Could it be Heros sp. "French Guyana"

That is the only one out of the profiles that looks like him/her but it looks ALOT like it....

http://www.cichlid-forum.com/profiles/s ... php?id=647


----------



## 24Tropheus (Jun 21, 2006)

MCKP said:


> Would better pictures help?? I can try and get better ones....

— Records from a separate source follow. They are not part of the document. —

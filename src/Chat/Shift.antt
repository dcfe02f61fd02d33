-- ===== src/Chat/Shift.antt =====
-- ChatHistoryStore.ts: what the loops that shorten a list from its front leave.
use sera_core.Prelude.{
  ℕ, suc, ◌-◌, ◌≤◌, ◌≡◌, refl, List, [], ◌∷◌, ◌++◌, arith, length, length-append, drop, ltb,
  Bool-cases, inl, inr,
}
use sera_core.Chat.{shift_to}

module _ {ℓ} {A : Type ℓ} where
  -- the last elements of a list
  abbrev pub last : ℕ → List A → List A
  last n xs = drop (length xs - n) xs

  pub length-shift_to-le : (n : ℕ) (xs : List A) → length (shift_to n xs) ≤ n
  unfolding shift_to
  length-shift_to-le n [] = omega arith
  length-shift_to-le n (x ∷ xs) = ground (arith, length-shift_to-le n xs)

  pub shift_to-short : (n : ℕ) (xs : List A) → length xs ≤ n → shift_to n xs ≡ xs
  unfolding shift_to
  shift_to-short n [] h = refl
  shift_to-short n (x ∷ xs) h = ground arith

  -- the loop leaves the last elements
  pub shift_to-last : (n : ℕ) (xs : List A) → shift_to n xs ≡ last n xs
  unfolding shift_to drop
  shift_to-last n [] = let e : 0 - n ≡ 0 = omega arith in rw e refl
  shift_to-last n (x ∷ xs) = elim (Bool-cases (ltb n (suc (length xs)))) [
    | inl t ↦
        let e : suc (length xs) - n ≡ suc (length xs - n) = ground arith in
        rw (t, e) (shift_to-last n xs)
    | inr f ↦ let e : suc (length xs) - n ≡ 0 = ground arith in rw (f, e) refl
  ]

  -- what was shortened before it grew is as if it had been shortened after
  pub shift_to-append :
      (n : ℕ) (xs ys : List A) → shift_to n (shift_to n xs ++ ys) ≡ shift_to n (xs ++ ys)
  unfolding shift_to
  shift_to-append n [] ys = refl
  shift_to-append n (x ∷ xs) ys = ground (arith, length-append xs ys, shift_to-append n xs ys)
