-- ===== src/Chat/History/Bounds.antt =====
-- ChatHistoryStore.ts: how many messages there are, and which of them have details.
use sera_core.Prelude.{
  ℕ, zero, suc, ◌-◌, ◌≤◌, ◌≡◌, refl, ap, String, Bool, Option, none, some, List, [], ◌∷◌, filter,
  not, length, take, length-drop, All, arith,
}
use sera_core.Chat.{
  UiMessage, ProposalStatus, ChatHistoryState, ChatSnapshot, ChatHistoryStore, save_local,
  loaded_messages, is_activity, load_cloud_messages, load_cloud_turns, load_from_cloud, load_local,
  new_chat_history, append_platform_turn, append_ui_message, migrate_from, update_proposal_status,
  update_first, clear, pruned, prune_message, prune_before, prune_older, put_message, shift_to,
  max_ui_messages, max_detailed_turns,
}
use sera_core.Chat.Shift.{length-shift_to-le}
use sera_core.Chat.History.{
  Command, appends_turn, appends_message, loads, migrates, updates_status, clears, run_command,
  run_commands,
}

-- a list that is absent or empty
abbrev pub IsBare : Option (List String) → Type 0
IsBare none = Unit
IsBare (some []) = Unit
IsBare (some (x ∷ xs)) = ⊥

abbrev pub HasNoDetails : UiMessage → Type 0
HasNoDetails m = IsBare m.observations × IsBare m.cognitive_steps

pruned-IsBare : (o : Option (List String)) → IsBare (pruned o)
unfolding pruned
pruned-IsBare none = tt
pruned-IsBare (some []) = tt
pruned-IsBare (some (x ∷ xs)) = tt

prune_message-HasNoDetails : (m : UiMessage) → HasNoDetails (prune_message m)
unfolding prune_message
prune_message-HasNoDetails m = (pruned-IsBare m.observations, pruned-IsBare m.cognitive_steps)

length-prune_before : (n : ℕ) (ms : List UiMessage) → length (prune_before n ms) ≡ length ms
unfolding prune_before
length-prune_before zero ms = refl
length-prune_before (suc n) [] = refl
length-prune_before (suc n) (m ∷ ms) = ap suc (length-prune_before n ms)

prune_before-bare : (n : ℕ) (ms : List UiMessage) → All HasNoDetails (take n (prune_before n ms))
unfolding prune_before take
prune_before-bare zero ms = tt
prune_before-bare (suc n) [] = tt
prune_before-bare (suc n) (m ∷ ms) = (prune_message-HasNoDetails m, prune_before-bare n ms)

prune_older-bare :
    (ms : List UiMessage)
    → All HasNoDetails (take (length (prune_older ms) - max_detailed_turns) (prune_older ms))
unfolding prune_older
prune_older-bare ms =
    rw (length-prune_before (length ms - max_detailed_turns) ms)
      (prune_before-bare (length ms - max_detailed_turns) ms)

-- there are at most as many messages as the store keeps
abbrev pub IsBounded : ChatHistoryStore → Type 0
IsBounded s = length s.messages ≤ max_ui_messages

-- a migration is from a store that is bounded as well
abbrev pub AllBounded : List Command → Type 0
AllBounded [] = Unit
AllBounded (migrates source ∷ cs) = (length source ≤ max_ui_messages) × AllBounded cs
AllBounded (c ∷ cs) = AllBounded cs

save_local-messages : (s : ChatHistoryStore) → (save_local s).messages ≡ s.messages
unfolding save_local
save_local-messages s = ground arith

length-loaded_messages : (ms : List UiMessage) → length (loaded_messages ms) ≤ max_ui_messages
unfolding loaded_messages
length-loaded_messages ms =
    let kept = filter (λ m. not (is_activity m)) ms in
    omega (arith, length-drop (length kept - max_ui_messages) kept)

load_cloud_messages-IsBounded :
    (ms : Option (List UiMessage)) (s : ChatHistoryStore)
    → IsBounded s
    → IsBounded (load_cloud_messages ms s)
unfolding load_cloud_messages save_local
load_cloud_messages-IsBounded none s h = h
load_cloud_messages-IsBounded (some ms) s h = ground (arith, length-loaded_messages ms)

load_cloud_turns-messages :
    (turns : _) (s : ChatHistoryStore) → (load_cloud_turns turns s).messages ≡ s.messages
unfolding load_cloud_turns
load_cloud_turns-messages none s = refl
load_cloud_turns-messages (some cloud) s = save_local-messages _

load_from_cloud-IsBounded :
    (snapshot : Option ChatSnapshot) (s : ChatHistoryStore)
    → IsBounded s
    → IsBounded (load_from_cloud snapshot s)
unfolding load_from_cloud
load_from_cloud-IsBounded none s h = h
load_from_cloud-IsBounded (some snapshot) s h =
    rw (load_cloud_turns-messages snapshot.platform_messages _)
      (load_cloud_messages-IsBounded snapshot.ui_messages s h)

append_ui_message-messages :
    (msg : UiMessage) (s : ChatHistoryStore)
    → (append_ui_message msg s).messages
      ≡ prune_older (shift_to max_ui_messages (put_message msg s.messages))
unfolding append_ui_message
append_ui_message-messages msg s = save_local-messages _

append_ui_message-IsBounded :
    (msg : UiMessage) (s : ChatHistoryStore) → IsBounded (append_ui_message msg s)
unfolding prune_older
append_ui_message-IsBounded msg s =
    let ms = shift_to max_ui_messages (put_message msg s.messages) in
    rw (append_ui_message-messages msg s, length-prune_before (length ms - max_detailed_turns) ms)
      (length-shift_to-le max_ui_messages (put_message msg s.messages))

append_platform_turn-messages :
    (now : ℕ) (platform channel_id : String) (role : _) (content : String) (s : ChatHistoryStore)
    → (append_platform_turn now platform channel_id role content s).messages ≡ s.messages
unfolding append_platform_turn save_local
append_platform_turn-messages now platform channel_id role content s = ground arith

length-update_first :
    (id : String) (status : ProposalStatus) (ms : List UiMessage)
    → length (update_first id status ms) ≡ length ms
unfolding update_first
length-update_first id status [] = refl
length-update_first id status (m ∷ ms) = ground (arith, length-update_first id status ms)

update_proposal_status-IsBounded :
    (id : String) (status : ProposalStatus) (s : ChatHistoryStore)
    → IsBounded s
    → IsBounded (update_proposal_status id status s)
unfolding update_proposal_status save_local
update_proposal_status-IsBounded id status s h =
    ground (arith, length-update_first id status s.messages)

migrate_from-IsBounded :
    (source : List UiMessage) (s : ChatHistoryStore)
    → length source ≤ max_ui_messages
    → IsBounded s
    → IsBounded (migrate_from source s).1
unfolding migrate_from save_local
migrate_from-IsBounded [] s k h = h
migrate_from-IsBounded (m ∷ ms) s k h = ground arith

new-IsBounded :
    (persist : Bool) (file : Option ChatHistoryState) → IsBounded (new_chat_history persist file)
unfolding new_chat_history load_local
new-IsBounded persist none = omega arith
new-IsBounded persist (some state) = length-loaded_messages _

run_commands-IsBounded :
    (cs : List Command) (s : ChatHistoryStore)
    → AllBounded cs
    → IsBounded s
    → IsBounded (run_commands cs s)
unfolding run_commands run_command clear
run_commands-IsBounded [] s h k = k
run_commands-IsBounded (appends_turn now platform channel_id role content ∷ cs) s h k =
    run_commands-IsBounded cs _ h
      (rw (append_platform_turn-messages now platform channel_id role content s) k)
run_commands-IsBounded (appends_message msg ∷ cs) s h k =
    run_commands-IsBounded cs _ h (append_ui_message-IsBounded msg s)
run_commands-IsBounded (loads snapshot ∷ cs) s h k =
    run_commands-IsBounded cs _ h (load_from_cloud-IsBounded snapshot s k)
run_commands-IsBounded (migrates source ∷ cs) s h k =
    run_commands-IsBounded cs _ h.1 (migrate_from-IsBounded source s h.0 k)
run_commands-IsBounded (updates_status id status ∷ cs) s h k =
    run_commands-IsBounded cs _ h (update_proposal_status-IsBounded id status s k)
run_commands-IsBounded (clears ∷ cs) s h k =
    run_commands-IsBounded cs _ h (rw (save_local-messages _) (omega arith))

-- A store that is opened without a file, or on one that holds a list of messages of any length, has at
-- most thirty messages after any calls whose migrations bring at most thirty; and once a message is added, all messages but the last six have neither
-- observations nor steps, whatever loads and migrations brought.
pub messages-IsBounded :
    (persist : Bool) (file : Option ChatHistoryState) (cs : List Command)
    → AllBounded cs
    → IsBounded (run_commands cs (new_chat_history persist file))
      × ((msg : UiMessage)
          → let ms =
              (append_ui_message msg (run_commands cs (new_chat_history persist file))).messages in
            (length ms ≤ max_ui_messages)
            × All HasNoDetails (take (length ms - max_detailed_turns) ms))
messages-IsBounded persist file cs h =
    let s = run_commands cs (new_chat_history persist file) in
    (
      run_commands-IsBounded cs (new_chat_history persist file) h (new-IsBounded persist file),
      λ msg. (
        append_ui_message-IsBounded msg s,
        rw (append_ui_message-messages msg s)
            (prune_older-bare (shift_to max_ui_messages (put_message msg s.messages))),
      ),
    )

No the photos are fine just not sure about it being a pure Vieja synspilum female.
Lots of hybrids about kind of thing.
Each cichlid kind of deserves a separate post.
Not too hot on severums but that one kind of looks like one of the many line bred green severum lines.
Number one you have it :thumb: male salvini a nice one prob pure boy can this fish be trouble in a small tank.


----------



## MCKP (Aug 17, 2009)

The Vieja colors are much more vivid in person, a much more pink red vs the orange red in the pic and in the right like the dark colors are sort of a purple color.... The rest of the fish are pretty accurately colored in the pic, but the Vieja was harder, just couldn't get the right color to show up on my camera....


----------



## lloyd (Aug 24, 2005)

look closely for any reddish tint on the pelvic and/or anal fins of the severum. even a stressed turq will show some color there considering your male's maturity. no red=no turq. IMO. HTH.


----------



## MCKP (Aug 17, 2009)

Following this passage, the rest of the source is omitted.